- [Action item]:
Locate the word "program" in the data below, then copy every line that holds it.
=== Begin Enclosure ===
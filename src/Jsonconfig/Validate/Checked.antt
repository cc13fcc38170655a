-- ===== src/Jsonconfig/Validate/Checked.antt =====
-- jsonconfig/jsonconfig.go: what Validate reports after any sequence of accessors.
use go.Common.{
  ℕ, ◌≡◌, ◌≢◌, refl, sym, ap, ap₂, ◌∙◌, arith, Bool, true, false, ◌||◌, List, [], ◌∷◌, ◌++◌, map,
  Option, none, some, All, append_assoc, append-nil, if◌then◌else◌,
}
use go.Jsonconfig.{
  null, boolean, number, text, items, object, ConfigErr, unknown_key, bad_boolean, bad_item, Slot,
  json, known, errors, Obj, get, known_keys, errors_key,
}
use go.Jsonconfig.Validate.Expected.{
  Request, asks_object, asks_string, asks_string_or_object, asks_bool, asks_int, asks_list, key_of,
  is_parsed, all_texts, expected, expected_all, strings_from_lem, Unasked, unknown_from-Unasked,
}
use go.Jsonconfig.Access.{
  parsed_boolean, access, object_answer, string_answer, string_or_object_answer, boolean_answer,
  int_answer, list_answer,
}
use go.Jsonconfig.Validate.Whole.{
  IsOwn, IsFresh, added, as_list, access_lem, get-fresh_known, get-fresh_errors, append_error-added,
}
use go.Jsonconfig.Validate.{
  unknown_keys, contains, unknown_from, append_unknown, joined, validate, validate_with,
  stored_errors,
}

abbrev pub only_object {ℓ} : {A : Type ℓ} → Option (Obj × A) → Option Obj
only_object none = none
only_object (some (jc, v)) = some jc

snoc-nil {ℓ} : {A : Type ℓ} (xs : List A) (x : A) → xs ++ (x ∷ []) ≢ []
snoc-nil [] x h = ground (arith, h)
snoc-nil (y ∷ xs) x h = ground (arith, h)

module _ (parse_bool : List ℕ → Option Bool) (to_int : ℕ → ℕ) where
  unfoldable pub perform : Request → Obj → Option Obj
  unfolding access list_answer
  perform (asks_object k optional) jc = only_object (access (object_answer k optional) jc k)
  perform (asks_string k default) jc = only_object (access (string_answer k default) jc k)
  perform (asks_string_or_object k required) jc =
      only_object (access (string_or_object_answer k required) jc k)
  perform (asks_bool k default) jc = only_object (access (boolean_answer parse_bool k default) jc k)
  perform (asks_int k default) jc = only_object (access (int_answer to_int k default) jc k)
  perform (asks_list k required) jc = only_object (access (list_answer k required) jc k)

  unfoldable pub perform_all : List Request → Option Obj → Option Obj
  unfolding perform
  perform_all rs none = none
  perform_all [] (some jc) = some jc
  perform_all (r ∷ rs) (some jc) = perform_all rs (perform r jc)

  -- The error of an accessor, for what stands under its key.
  unfoldable pub error_of : Request → Option Slot → Option ConfigErr
  unfolding list_answer
  error_of (asks_object k optional) s = (object_answer k optional s).err
  error_of (asks_string k default) s = (string_answer k default s).err
  error_of (asks_string_or_object k required) s = (string_or_object_answer k required s).err
  error_of (asks_bool k default) s = (boolean_answer parse_bool k default s).err
  error_of (asks_int k default) s = (int_answer to_int k default s).err
  error_of (asks_list k required) s = (list_answer k required s).err

  unfoldable pub errors_of : List Request → Obj → List ConfigErr
  unfolding error_of
  errors_of [] jc = []
  errors_of (r ∷ rs) jc = as_list (error_of r (get jc (key_of r))) ++ errors_of rs jc

  parsed_boolean_lem :
      (k : List ℕ) (p : Option Bool)
      → (parsed_boolean parse_bool k p).err ≡ (if is_parsed p then none else some (bad_boolean k))
  parsed_boolean_lem k none = refl
  parsed_boolean_lem k (some b) = refl

  error_of_lem : (r : Request) (s : Option Slot) → error_of r s ≡ expected parse_bool r s
  unfolding error_of
  error_of_lem (asks_object k true) none = refl
  error_of_lem (asks_object k false) none = refl
  error_of_lem (asks_object k o) (some (json null)) = refl
  error_of_lem (asks_object k o) (some (json (boolean b))) = refl
  error_of_lem (asks_object k o) (some (json (number f))) = refl
  error_of_lem (asks_object k o) (some (json (text t))) = refl
  error_of_lem (asks_object k o) (some (json (items eil))) = refl
  error_of_lem (asks_object k o) (some (json (object m))) = refl
  error_of_lem (asks_object k o) (some (known ks)) = refl
  error_of_lem (asks_object k o) (some (errors es)) = refl
  error_of_lem (asks_string k none) none = refl
  error_of_lem (asks_string k (some d)) none = refl
  error_of_lem (asks_string k o) (some (json null)) = refl
  error_of_lem (asks_string k o) (some (json (boolean b))) = refl
  error_of_lem (asks_string k o) (some (json (number f))) = refl
  error_of_lem (asks_string k o) (some (json (text t))) = refl
  error_of_lem (asks_string k o) (some (json (items eil))) = refl
  error_of_lem (asks_string k o) (some (json (object m))) = refl
  error_of_lem (asks_string k o) (some (known ks)) = refl
  error_of_lem (asks_string k o) (some (errors es)) = refl
  error_of_lem (asks_string_or_object k true) none = refl
  error_of_lem (asks_string_or_object k false) none = refl
  error_of_lem (asks_string_or_object k o) (some (json null)) = refl
  error_of_lem (asks_string_or_object k o) (some (json (boolean b))) = refl
  error_of_lem (asks_string_or_object k o) (some (json (number f))) = refl
  error_of_lem (asks_string_or_object k o) (some (json (text t))) = refl
  error_of_lem (asks_string_or_object k o) (some (json (items eil))) = refl
  error_of_lem (asks_string_or_object k o) (some (json (object m))) = refl
  error_of_lem (asks_string_or_object k o) (some (known ks)) = refl
  error_of_lem (asks_string_or_object k o) (some (errors es)) = refl
  error_of_lem (asks_bool k none) none = refl
  error_of_lem (asks_bool k (some d)) none = refl
  error_of_lem (asks_bool k o) (some (json null)) = refl
  error_of_lem (asks_bool k o) (some (json (boolean b))) = refl
  error_of_lem (asks_bool k o) (some (json (number f))) = refl
  error_of_lem (asks_bool k o) (some (json (text t))) = parsed_boolean_lem k (parse_bool t)
  error_of_lem (asks_bool k o) (some (json (items eil))) = refl
  error_of_lem (asks_bool k o) (some (json (object m))) = refl
  error_of_lem (asks_bool k o) (some (known ks)) = refl
  error_of_lem (asks_bool k o) (some (errors es)) = refl
  error_of_lem (asks_int k none) none = refl
  error_of_lem (asks_int k (some d)) none = refl
  error_of_lem (asks_int k o) (some (json null)) = refl
  error_of_lem (asks_int k o) (some (json (boolean b))) = refl
  error_of_lem (asks_int k o) (some (json (number f))) = refl
  error_of_lem (asks_int k o) (some (json (text t))) = refl
  error_of_lem (asks_int k o) (some (json (items eil))) = refl
  error_of_lem (asks_int k o) (some (json (object m))) = refl
  error_of_lem (asks_int k o) (some (known ks)) = refl
  error_of_lem (asks_int k o) (some (errors es)) = refl
  error_of_lem (asks_list k true) none = refl
  error_of_lem (asks_list k false) none = refl
  error_of_lem (asks_list k o) (some (json null)) = refl
  error_of_lem (asks_list k o) (some (json (boolean b))) = refl
  error_of_lem (asks_list k o) (some (json (number f))) = refl
  error_of_lem (asks_list k o) (some (json (text t))) = refl
  error_of_lem (asks_list k o) (some (json (items eil))) =
      strings_from_lem k 0 [] eil
      ∙ ap (λ n. if all_texts eil then none else some (bad_item k n)) (omega arith)
  error_of_lem (asks_list k o) (some (json (object m))) = refl
  error_of_lem (asks_list k o) (some (known ks)) = refl
  error_of_lem (asks_list k o) (some (errors es)) = refl

  errors_of_lem : (rs : List Request) (jc : Obj) → errors_of rs jc ≡ expected_all parse_bool rs jc
  unfolding errors_of
  errors_of_lem [] jc = refl
  errors_of_lem (r ∷ rs) jc =
      ap₂ (λ e es. as_list e ++ es) (error_of_lem r (get jc (key_of r))) (errors_of_lem rs jc)

  perform-added :
      (r : Request) (jc : Obj) (ks : List (List ℕ)) (es : List ConfigErr)
      → IsFresh jc
      → IsOwn (key_of r)
      → (ks ≡ [] → es ≡ [])
      → perform r (jc ++ added ks es)
        ≡ some
            (jc ++ added (ks ++ (key_of r ∷ [])) (es ++ as_list (error_of r (get jc (key_of r)))))
  unfolding perform error_of
  perform-added (asks_object k o) jc ks es h own late =
      ap only_object (access_lem (object_answer k o) jc ks es k h own late)
  perform-added (asks_string k o) jc ks es h own late =
      ap only_object (access_lem (string_answer k o) jc ks es k h own late)
  perform-added (asks_string_or_object k o) jc ks es h own late =
      ap only_object (access_lem (string_or_object_answer k o) jc ks es k h own late)
  perform-added (asks_bool k o) jc ks es h own late =
      ap only_object (access_lem (boolean_answer parse_bool k o) jc ks es k h own late)
  perform-added (asks_int k o) jc ks es h own late =
      ap only_object (access_lem (int_answer to_int k o) jc ks es k h own late)
  perform-added (asks_list k o) jc ks es h own late =
      ap only_object (access_lem (list_answer k o) jc ks es k h own late)

  perform_all-added :
      (rs : List Request) (jc : Obj) (ks : List (List ℕ)) (es : List ConfigErr)
      → IsFresh jc
      → All (λ r. IsOwn (key_of r)) rs
      → (ks ≡ [] → es ≡ [])
      → perform_all rs (some (jc ++ added ks es))
        ≡ some (jc ++ added (ks ++ map key_of rs) (es ++ errors_of rs jc))
  unfolding perform_all errors_of
  perform_all-added [] jc ks es h own late =
      ap₂ (λ a b. some (jc ++ added a b)) (sym (append-nil ks)) (sym (append-nil es))
  perform_all-added (r ∷ rs) jc ks es h own late =
      let new = as_list (error_of r (get jc (key_of r))) in
      ap (perform_all rs) (perform-added r jc ks es h own.0 late)
      ∙ (perform_all-added rs jc (ks ++ (key_of r ∷ [])) (es ++ new) h own.1
            (λ e. absurd (snoc-nil ks (key_of r) e))
          ∙ ap₂ (λ a b. some (jc ++ added a b)) (append_assoc ks (key_of r ∷ []) (map key_of rs))
              (append_assoc es new (errors_of rs jc)))

true_after : (b : Bool) → (b || true) ≡ true
true_after true = refl
true_after false = refl

unknown_from-added :
    (seen : List (List ℕ)) (jc : Obj) (ks : List (List ℕ)) (es : List ConfigErr)
    → unknown_from seen (jc ++ added ks es) ≡ unknown_from seen jc
unknown_from-added seen [] [] [] = refl
unknown_from-added seen [] [] (e ∷ es) = rw (true_after (contains seen errors_key)) refl
unknown_from-added seen [] (k ∷ ks) [] = rw (true_after (contains seen known_keys)) refl
unknown_from-added seen [] (k ∷ ks) (e ∷ es) =
    rw (true_after (contains seen known_keys), true_after (contains seen errors_key)) refl
unknown_from-added seen (e ∷ jc) ks es = rw (unknown_from-added seen jc ks es) refl

module _ (sort_strings : List (List ℕ) → List (List ℕ)) where
  unknown_keys-added :
      (jc : Obj) (ks : List (List ℕ)) (es : List ConfigErr)
      → IsFresh jc
      → unknown_keys sort_strings (jc ++ added ks es) ≡ some (sort_strings (unknown_from ks jc))
  unfolding unknown_keys
  unknown_keys-added jc [] [] h = rw (get-fresh_known jc [] h, unknown_from-added [] jc [] []) refl
  unknown_keys-added jc [] (e ∷ es) h =
      rw (get-fresh_known jc (added [] (e ∷ es)) h, unknown_from-added [] jc [] (e ∷ es)) refl
  unknown_keys-added jc (k ∷ ks) [] h =
      rw (get-fresh_known jc (added (k ∷ ks) []) h, unknown_from-added (k ∷ ks) jc (k ∷ ks) []) refl
  unknown_keys-added jc (k ∷ ks) (e ∷ es) h =
      rw
        (
          get-fresh_known jc (added (k ∷ ks) (e ∷ es)) h,
          unknown_from-added (k ∷ ks) jc (k ∷ ks) (e ∷ es),
        )
        refl

  append_unknown-added :
      (us : List (List ℕ)) (jc : Obj) (ks : List (List ℕ)) (es : List ConfigErr)
      → IsFresh jc
      → append_unknown sort_strings us (some (jc ++ added ks es))
        ≡ some (jc ++ added ks (es ++ map unknown_key us))
  unfolding append_unknown
  append_unknown-added [] jc ks es h = ap (λ b. some (jc ++ added ks b)) (sym (append-nil es))
  append_unknown-added (u ∷ us) jc ks es h =
      ap (append_unknown sort_strings us) (append_error-added jc ks es (unknown_key u) h)
      ∙ (append_unknown-added us jc ks (es ++ (unknown_key u ∷ [])) h
          ∙ ap (λ b. some (jc ++ added ks b))
              (append_assoc es (unknown_key u ∷ []) (map unknown_key us)))

  stored-added :
      (jc : Obj) (ks : List (List ℕ)) (es : List ConfigErr)
      → IsFresh jc
      → stored_errors sort_strings (some (jc ++ added ks es)) ≡ some (joined sort_strings es)
  stored-added jc [] [] h = rw (get-fresh_errors jc [] h) refl
  stored-added jc [] (e ∷ es) h = rw (get-fresh_errors jc (added [] (e ∷ es)) h) refl
  stored-added jc (k ∷ ks) [] h = rw (get-fresh_errors jc (added (k ∷ ks) []) h) refl
  stored-added jc (k ∷ ks) (e ∷ es) h = rw (get-fresh_errors jc (added (k ∷ ks) (e ∷ es)) h) refl

  validate-added :
      (jc : Obj) (ks : List (List ℕ)) (es : List ConfigErr)
      → IsFresh jc
      → validate sort_strings (jc ++ added ks es)
        ≡ some (joined sort_strings (es ++ map unknown_key (sort_strings (unknown_from ks jc))))
  unfolding validate validate_with
  validate-added jc ks es h =
      let us = sort_strings (unknown_from ks jc) in
      rw (unknown_keys-added jc ks es h, append_unknown-added us jc ks es h)
        (stored-added jc ks (es ++ map unknown_key us) h)

-- A program that asks for some keys and then calls Validate.
abbrev pub validated :
    (List (List ℕ) → List (List ℕ)) → Option Obj → Option (Option (List ConfigErr))
unfolding validate
validated sort_strings none = none
validated sort_strings (some jc) = validate sort_strings jc

unfoldable pub check :
    (List ℕ → Option Bool)
    → (ℕ → ℕ)
    → (List (List ℕ) → List (List ℕ))
    → List Request
    → Obj
    → Option (Option (List ConfigErr))
unfolding perform_all validated
check parse_bool to_int sort_strings rs jc =
    validated sort_strings (perform_all parse_bool to_int rs (some jc))

-- A program that asks a decoded object for keys and then validates it does not panic, and gets
-- exactly these errors, in the order of the calls: for each accessor, that its key is missing, where it
-- must be there, or that the value under it is not of the kind asked for, with the boolean that does not
-- parse and the first item of a list that is no string told apart; and then one for each key, in the
-- order of sort.Strings, that was not asked for and does not begin with an underscore.
-- Validate returns nil where there are none. Neither the object nor the program uses the keys that the
-- package stores its own data under.
pub check-errors_of :
    (parse_bool : List ℕ → Option Bool) (to_int : ℕ → ℕ)
    (sort_strings : List (List ℕ) → List (List ℕ)) (rs : List Request) (jc : Obj)
    → IsFresh jc
    → All (λ r. IsOwn (key_of r)) rs
    → (us : List (List ℕ)) × Unasked rs jc us
      × (check parse_bool to_int sort_strings rs jc
          ≡ some (
              joined sort_strings
                (expected_all parse_bool rs jc ++ map unknown_key (sort_strings us))))
unfolding check
check-errors_of parse_bool to_int sort_strings rs jc fresh own =
    let us = unknown_from (map key_of rs) jc in
    let asked = perform_all-added parse_bool to_int rs jc [] [] fresh own (λ e. refl) in
    (
      us,
      unknown_from-Unasked rs jc,
      ap (λ o. validated sort_strings (perform_all parse_bool to_int rs (some o)))
            {y = jc ++ added [] []} (sym (append-nil jc))
          ∙ ap (validated sort_strings) asked
          ∙ validate-added sort_strings jc (map key_of rs) (errors_of parse_bool to_int rs jc) fresh
          ∙ ap (λ es. some (joined sort_strings (es ++ map unknown_key (sort_strings us))))
              (errors_of_lem parse_bool to_int rs jc),
    )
=== End Enclosure ===
- [Answer space]:
-- A program that asks for some keys and then calls Validate.
-- A program that asks a decoded object for keys and then validates it does not panic, and gets
-- Validate returns nil where there are none. Neither the object nor the program uses the keys that the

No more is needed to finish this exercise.